The history of Zimbabwe shows that the nation is traumatized; there has never been room for peace and stability; healing and reconciliation are still a dream to be achieved. Besides holding regular elections to promote the democratic development of Zimbabwe. Transitional justice remains one of the critical pillars of healing the traumatized nation. The militarist forms of nationalist struggles and the state's monopolization by the ruling party bred a new round of human rights abuses that have continued into the present period and threatened economic development. The continual holding of elections led to extreme government debts on the economic side in Zimbabwe. Elections in Zimbabwe are marked by financial disaster policies but have political benefits, particularly to political elites and their cronies. In the long run, the rollout of unsustainable welfare schemes is a common ploy used by ZANU PF to woo voters, especially in rural areas. Such manipulation would not work if the voters were rational and were likely to elect a government based on its long-term performance.
However, unfortunately, that is not the case. Voters often focus on the short-term benefits they are likely to receive, which causes governments to spend much money trying to look good just before the elections, which is why Zimbabwe is in an economic mess. The other factor is that industrialists and investors avoid making critical decisions during an election yearor the election period in general. This is because a change in the government may also mean a difference in the government’s priorities. Many times, a government's policies entirely change a project's viability. Investors want to avoid the risk of their projects becoming redundant due to inconsistent government policies and political character changes. Hence, they prefer to play the wait and watch the game.
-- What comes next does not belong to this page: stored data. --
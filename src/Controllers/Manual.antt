-- ===== src/Controllers/Manual.antt =====
-- internal/provider/bmc/bmc.go in the place of the environment's client: what the power operation
-- controller and the reboot controller do with the clients of the real factory.
mod Tests
use omni_infra_provider_bare.Base.{Bool, [], any, arith, false, some, true, ◌<>◌, ◌≡◌}
use omni_infra_provider_bare.Resources.{BmcConfiguration, PowerOperation, RebootStatus}
use omni_infra_provider_bare.Effects.{
  Call, Capabilities, Env, Error, Failure, Result, Trace, agent_reboot, err, failed, final, invalid,
  is_power_command, ok, other_code, requeue, skip, wrapped,
}
use omni_infra_provider_bare.Bmc.{
  Cache, Endpoints, FactoryOptions, Kind, capabilities_of, factory_get_client,
}
use omni_infra_provider_bare.Controllers.RebootStatus
use omni_infra_provider_bare.Controllers.RebootStatus.Laws
use omni_infra_provider_bare.Controllers.Removal.Laws.{no_power_command}
use omni_infra_provider_bare.Controllers.RebootStatus.NoBmc.{no_bmc_command, reboots}
use omni_infra_provider_bare.Controllers.Removal.{finalizer_removal}
use omni_infra_provider_bare.Controllers.PowerOperation.{Helper, Inputs, acknowledge, transform}

-- The error of the factory as the controllers see it.
abbrev pub failure_of : Error → Failure
failure_of (failed f) = f
failure_of (wrapped text f) = record f { message = text <> ": " <> f.message }
failure_of (invalid text) = record { code = other_code; message = text; context_ended = false }
failure_of (skip text) = record { code = other_code; message = text; context_ended = false }
failure_of (requeue _) = record { code = other_code; message = ""; context_ended = false }

abbrev pub client_of : Result Error Kind → Result Failure Capabilities
client_of (ok kind) = ok (capabilities_of kind)
client_of (err e) = err (failure_of e)

-- An environment whose clients come from the factory, with its cache at every moment.
unfoldable pub with_factory : FactoryOptions → Endpoints → (Trace → Cache) → Env → Env
with_factory options ends cache env = record env {
  client = λ t c. client_of (factory_get_client options ends (some c) (cache t)).0;
}

-- A call that drives a BMC.
abbrev pub is_bmc_command : Call → Bool
is_bmc_command (agent_reboot _) = false
is_bmc_command c = is_power_command c

never_powered :
    (options : FactoryOptions) (ends : Endpoints) (cache : Trace → Cache) (env : Env)
    (helper : Helper) (i : Inputs) (op : PowerOperation) (c : BmcConfiguration)
    → i.bmc ≡ ok (some c)
    → c.manual ≡ true
    → let w = final (
        transform
          (with_factory options ends cache env)
          helper
          i
          (record { res = op; trace = [] })) in
      (any is_power_command w.trace ≡ false)
      × (w.res.last_power_operation ≡ op.last_power_operation)
      × (w.res.last_power_on_timestamp ≡ op.last_power_on_timestamp)
unfolding transform with_factory factory_get_client capabilities_of acknowledge
never_powered options ends cache env helper i op c b m = ground arith

cannot_reboot :
    (options : FactoryOptions) (ends : Endpoints) (cache : Trace → Cache) (env : Env)
    (c : BmcConfiguration)
    → c.manual ≡ true
    → (t : Trace) → reboots ((with_factory options ends cache env).client t c) ≡ false
unfolding with_factory factory_get_client capabilities_of
cannot_reboot options ends cache env c m t = ground arith

-- A machine whose BMC configuration, as both controllers read it, is manual is never driven over a BMC, whatever else the
-- configuration holds, the options say and the machine's BMC would answer. The power operation
-- controller makes no power command for it and records no power operation. In a
-- reconciliation, the reboot controller neither powers it, nor reboots it over a BMC, nor sets its
-- boot device: at most it reboots it over its agent. On its removal, it makes no power command.
pub manual_never_driven :
    (options : FactoryOptions) (ends : Endpoints) (cache : Trace → Cache) (env : Env)
    (helper : Helper) (i : Inputs) (op : PowerOperation) (rebooter : RebootStatus.Helper)
    (ri : RebootStatus.Inputs) (st : RebootStatus.State) (c : BmcConfiguration)
    → i.bmc ≡ ok (some c)
    → ri.bmc ≡ ok (some c)
    → c.manual ≡ true
    → let real = with_factory options ends cache env in
      let w = final (transform real helper i (record { res = op; trace = [] })) in
      (any is_power_command w.trace ≡ false)
      × (w.res.last_power_operation ≡ op.last_power_operation)
      × (w.res.last_power_on_timestamp ≡ op.last_power_on_timestamp)
      × (any is_bmc_command (final (RebootStatus.Laws.run real rebooter ri st)).trace ≡ false)
      × (any is_power_command
            (final (finalizer_removal real rebooter ri (record { res = st; trace = [] }))).trace
          ≡ false)
manual_never_driven options ends cache env helper i op rebooter ri st c b rb m =
    let real = with_factory options ends cache env in
    let (quiet, same, timed) = never_powered options ends cache env helper i op c b m in
    let cannot = cannot_reboot options ends cache env c m in
    (
      quiet,
      same,
      timed,
      no_bmc_command real rebooter ri st c rb cannot,
      no_power_command real rebooter ri st c rb (cannot []),
    )
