-- ===== src/Controllers/Manual/Tests.antt =====
-- A machine that is powered by hand.
use omni_infra_provider_bare.Base.{[], any, false, none, refl, some, true, ◌≡◌}
use omni_infra_provider_bare.Base.Int.{pos}
use omni_infra_provider_bare.Effects.{Trace, err, final, is_power_command, ok, uefi}
use omni_infra_provider_bare.Samples.{broken, by_hand, disk_first, lit, m1, op0, talking, w1}
use omni_infra_provider_bare.Bmc.{Endpoints, FactoryOptions}
use omni_infra_provider_bare.Controllers.PowerOperation.{Helper, Inputs, transform}
use omni_infra_provider_bare.Controllers.RebootStatus
use omni_infra_provider_bare.Controllers.RebootStatus.Laws
use omni_infra_provider_bare.Controllers.RebootStatus.NoBmc.{is_bmc_command}
use omni_infra_provider_bare.Controllers.Removal.{finalizer_removal}
use omni_infra_provider_bare.Controllers.Manual.{manual_never_driven, with_factory}

abbrev redfish : FactoryOptions
redfish = record { use_always = true; use_when_available = false }

abbrev dead : Endpoints
dead = record {
  redfish_is_powered_on = λ i. err broken;
  ipmi_create = λ i. ok tt;
  ipmi_connect = λ i. err broken;
}

abbrev hourly : Helper
hourly = record { pxe_boot_mode = uefi; boot_options = disk_first; min_reboot_interval = pos 1000 }

abbrev needed : Inputs
needed = record {
  machine = m1;
  bmc = ok (some by_hand);
  wipe = ok (some w1);
  reboot = ok none;
  now = 5000;
  clock = 5000;
}

abbrev rebooting : RebootStatus.Helper
rebooting = record {
  controller_name = "RebootStatusController";
  pxe_boot_mode = uefi;
  boot_options = disk_first;
  min_reboot_interval = pos 1000;
}

abbrev wrong_mode : RebootStatus.Inputs
wrong_mode = record {
  machine = m1;
  machine_status = ok (some talking);
  bmc = ok (some by_hand);
  wipe = ok (some w1);
  operation = ok none;
  now = 5000;
  clock = 5000;
}

manual_never_driven_example :
    let real = with_factory redfish dead (λ (t : Trace). []) lit in
    let w = final (transform real hourly needed (record { res = op0; trace = [] })) in
    (any is_power_command w.trace ≡ false)
    × (w.res.last_power_operation ≡ op0.last_power_operation)
    × (w.res.last_power_on_timestamp ≡ op0.last_power_on_timestamp)
    × (any is_bmc_command (final (RebootStatus.Laws.run real rebooting wrong_mode none)).trace
        ≡ false)
    × (any is_power_command
          (final
            (finalizer_removal real rebooting wrong_mode (record { res = none; trace = [] }))).trace
        ≡ false)
manual_never_driven_example =
    manual_never_driven redfish dead (λ (t : Trace). []) lit hourly needed op0 rebooting wrong_mode
      none by_hand refl refl refl
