-- ===== src/Controllers/PowerOperation/Laws.antt =====
-- When the power operation controller powers a machine on or off.
use omni_infra_provider_bare.Base.{
  Bool, Option, [], any, arith, eq_iff, false, if◌then◌else◌, some, true, ◌&&◌, ◌∷◌, ◌≡◌, ◌≢◌, ◌⊎◌,
}
use omni_infra_provider_bare.Base.Int.{ltb_ℤ}
use omni_infra_provider_bare.Resources.{
  BmcConfiguration, InfraMachine, PowerOperation, RebootStatus, WipeStatus, accepted, off, on,
  prefer_off, prefer_on,
}
use omni_infra_provider_bare.Machine.{
  is_power_off_active, required_boot_mode, requires_power_on, requires_pxe_boot,
}
use omni_infra_provider_bare.Effects.{
  Capabilities, Done, Env, Outcome, Trace, close_client, done, final, get_client, is_power_off,
  is_power_on, is_powered_on, ok, power_on, set_pxe_boot_once, skip, stop,
}
use omni_infra_provider_bare.Controllers.Common.{time_since_last_power_on}
use omni_infra_provider_bare.Controllers.PowerOperation.{Helper, Inputs, acknowledge, transform}

-- A call of `transform` on a resource, with the calls that it makes.
abbrev pub run : Env → Helper → Inputs → PowerOperation → Outcome PowerOperation Done
run env helper i op = transform env helper i (record { res = op; trace = [] })

-- What the controller has read when it acts on a machine.
pub record IsManaged (i : Inputs) (c : BmcConfiguration) (wipe : Option WipeStatus)
    (reboot : Option RebootStatus) : Type 0 where
  pub accepted : i.machine.acceptance_status ≡ accepted
  pub not_cordoned : i.machine.cordoned ≡ false
  pub bmc : i.bmc ≡ ok (some c)
  pub wipe_read : i.wipe ≡ ok wipe
  pub reboot_read : i.reboot ≡ ok reboot

-- The calls up to the power state, the latest first.
abbrev pub asked : Trace
asked = is_powered_on ∷ get_client ∷ []

-- The calls after the boot device was set, if it has to be.
abbrev pub pointed : Helper → Inputs → BmcConfiguration → Option WipeStatus → Trace
pointed helper i c wipe =
    if requires_pxe_boot (required_boot_mode (some i.machine) (some c) wipe helper.boot_options)
    then set_pxe_boot_once helper.pxe_boot_mode ∷ asked
    else asked

acknowledge_keeps :
    (m : InfraMachine) (op : PowerOperation)
    → ((acknowledge m op).last_power_operation ≡ op.last_power_operation)
      × ((acknowledge m op).last_power_on_timestamp ≡ op.last_power_on_timestamp)
unfolding acknowledge
acknowledge_keeps m op = ground arith

-- The power-off request is being honored once `transform` has acknowledged it.
abbrev pub is_off_active : Inputs → PowerOperation → Bool
is_off_active i op = is_power_off_active (some i.machine) (some (acknowledge i.machine op))

module _ (env : Env) (helper : Helper) (i : Inputs) (op : PowerOperation) where
  -- A power-off is issued only for a machine that is accepted and not cordoned, has a BMC
  -- configuration, is not required to be on, is preferred to be off, was reported to be on, and whose
  -- last power-on or reboot is at least the minimum reboot interval ago.
  pub power_off_safe :
      any is_power_off (final (run env helper i op)).trace ≡ true
      → (c : BmcConfiguration) × (wipe : Option WipeStatus) × (reboot : Option RebootStatus)
        × IsManaged i c wipe reboot
        × (requires_power_on i.machine wipe ≡ false)
        × (i.machine.preferred_power_state ≡ prefer_off)
        × (env.power (get_client ∷ []) ≡ ok true)
        × (ltb_ℤ
              (time_since_last_power_on i.clock (some (acknowledge i.machine op)) reboot)
              helper.min_reboot_interval
            ≡ false)
  unfolding transform
  power_off_safe h = ground arith

  -- A power-on is issued only for a machine that is accepted and not cordoned, has a BMC
  -- configuration, is required or preferred to be on, was reported to be off, and has no power-off
  -- request that is being honored. If its boot mode needs the network, the boot device was pointed at
  -- it just before, and without an error. The client is closed at the end.
  pub power_on_safe :
      any is_power_on (final (run env helper i op)).trace ≡ true
      → (c : BmcConfiguration) × (wipe : Option WipeStatus) × (reboot : Option RebootStatus)
        × IsManaged i c wipe reboot
        × ((requires_power_on i.machine wipe ≡ true)
            ⊎ (i.machine.preferred_power_state ≡ prefer_on))
        × (is_off_active i op ≡ false)
        × (env.power (get_client ∷ []) ≡ ok false)
        × ((final (run env helper i op)).trace ≡ close_client ∷ power_on ∷ pointed helper i c wipe)
        × ((requires_pxe_boot
                (required_boot_mode (some i.machine) (some c) wipe helper.boot_options)
              ≡ false)
            ⊎ (env.act asked (set_pxe_boot_once helper.pxe_boot_mode) ≡ ok tt))
  unfolding transform
  power_on_safe h = ground arith

  -- A machine whose BMC client lacks the power state or the power control is sent no command: the
  -- reconciliation is skipped with the client closed, and only the request is acknowledged.
  pub manual_left_alone :
      {c : BmcConfiguration} {wipe : Option WipeStatus} {reboot : Option RebootStatus}
      {caps : Capabilities}
      → IsManaged i c wipe reboot
      → env.client [] c ≡ ok caps
      → (caps.power_control && caps.power_state) ≡ false
      → run env helper i op
        ≡ stop
            (skip "machine power management is manual")
            (record { res = acknowledge i.machine op; trace = close_client ∷ get_client ∷ [] })
  unfolding transform
  manual_left_alone m e h = ground arith

  -- The recorded operation is right: `transform` changes the last power operation or its time only by
  -- ending without an error after a power-on, which records the operation and the time, or after a
  -- power-off, which records the operation and keeps the time.
  pub record_matches_trace :
      let w = final (run env helper i op) in
      ((w.res.last_power_operation ≡ op.last_power_operation)
        × (w.res.last_power_on_timestamp ≡ op.last_power_on_timestamp))
      ⊎ ((run env helper i op ≡ done tt w)
          × (any is_power_on w.trace ≡ true)
          × (w.res.last_power_operation ≡ on)
          × (w.res.last_power_on_timestamp ≡ some i.now))
      ⊎ ((run env helper i op ≡ done tt w)
          × (any is_power_off w.trace ≡ true)
          × (w.res.last_power_operation ≡ off)
          × (w.res.last_power_on_timestamp ≡ op.last_power_on_timestamp))
  unfolding transform
  record_matches_trace = ground (arith, acknowledge_keeps i.machine op)

-- A power-off request that is not empty and new is honored from its acknowledgement on, and is no
-- longer honored for a machine whose wipe id has changed since, until a new request comes.
pub request_life :
    (m later : InfraMachine) (op : PowerOperation)
    → m.power_off_request_id ≢ ""
    → m.power_off_request_id ≢ op.last_power_off_id
    → later.wipe_id ≢ m.wipe_id
    → later.power_off_request_id ≡ m.power_off_request_id
    → let op' = acknowledge m op in
      (is_power_off_active (some m) (some op') ≡ true)
      × (acknowledge m op' ≡ op')
      × (acknowledge later op' ≡ op')
      × (is_power_off_active (some later) (some (acknowledge later op')) ≡ false)
unfolding acknowledge is_power_off_active
request_life m later op a b c d = ground (
  arith,
  eq_iff m.power_off_request_id "",
  eq_iff m.power_off_request_id op.last_power_off_id,
  eq_iff m.power_off_request_id m.power_off_request_id,
  eq_iff m.wipe_id m.wipe_id,
  eq_iff m.wipe_id later.wipe_id,
  eq_iff later.power_off_request_id m.power_off_request_id,
)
This negatively impacts the economy since the economic output and the jobs that could have been created are being postponed. Increased spending by each political party marks the election period. Every political party spends millions of dollars. This money is suddenly taken out of bank accounts and unleashed. This is why suddenly, there is much money chasing limited amounts of goods. This results in price inflation.
From all the above points, it is clear that neither the government nor the citizens are looking at long-term results during an election year. They are only concerned about the immediate impact that their policies can create. As a result, the economy completely stops focusing on long-term imports. Instead, the focus is on immediate consumption. Thus, long-term spending, like infrastructure projects, takes a hit. This has led to slower economic growth in every election year that the Zimbabwean economy has seen after independence. The bottom line is that elections drain the national economy and are never a means to change economic aspects. Of course, they are essential, and they define what a democracy is. However, every election costs the economy much money. Hence, a country would be better off avoiding frequent elections from an economic standpoint. Therefore, it is in the voters’ interest to elect a strong government that will last the entire tenure so that elections do not have to be undertaken before they are planned. It also helps to ensure peace and stability in the country.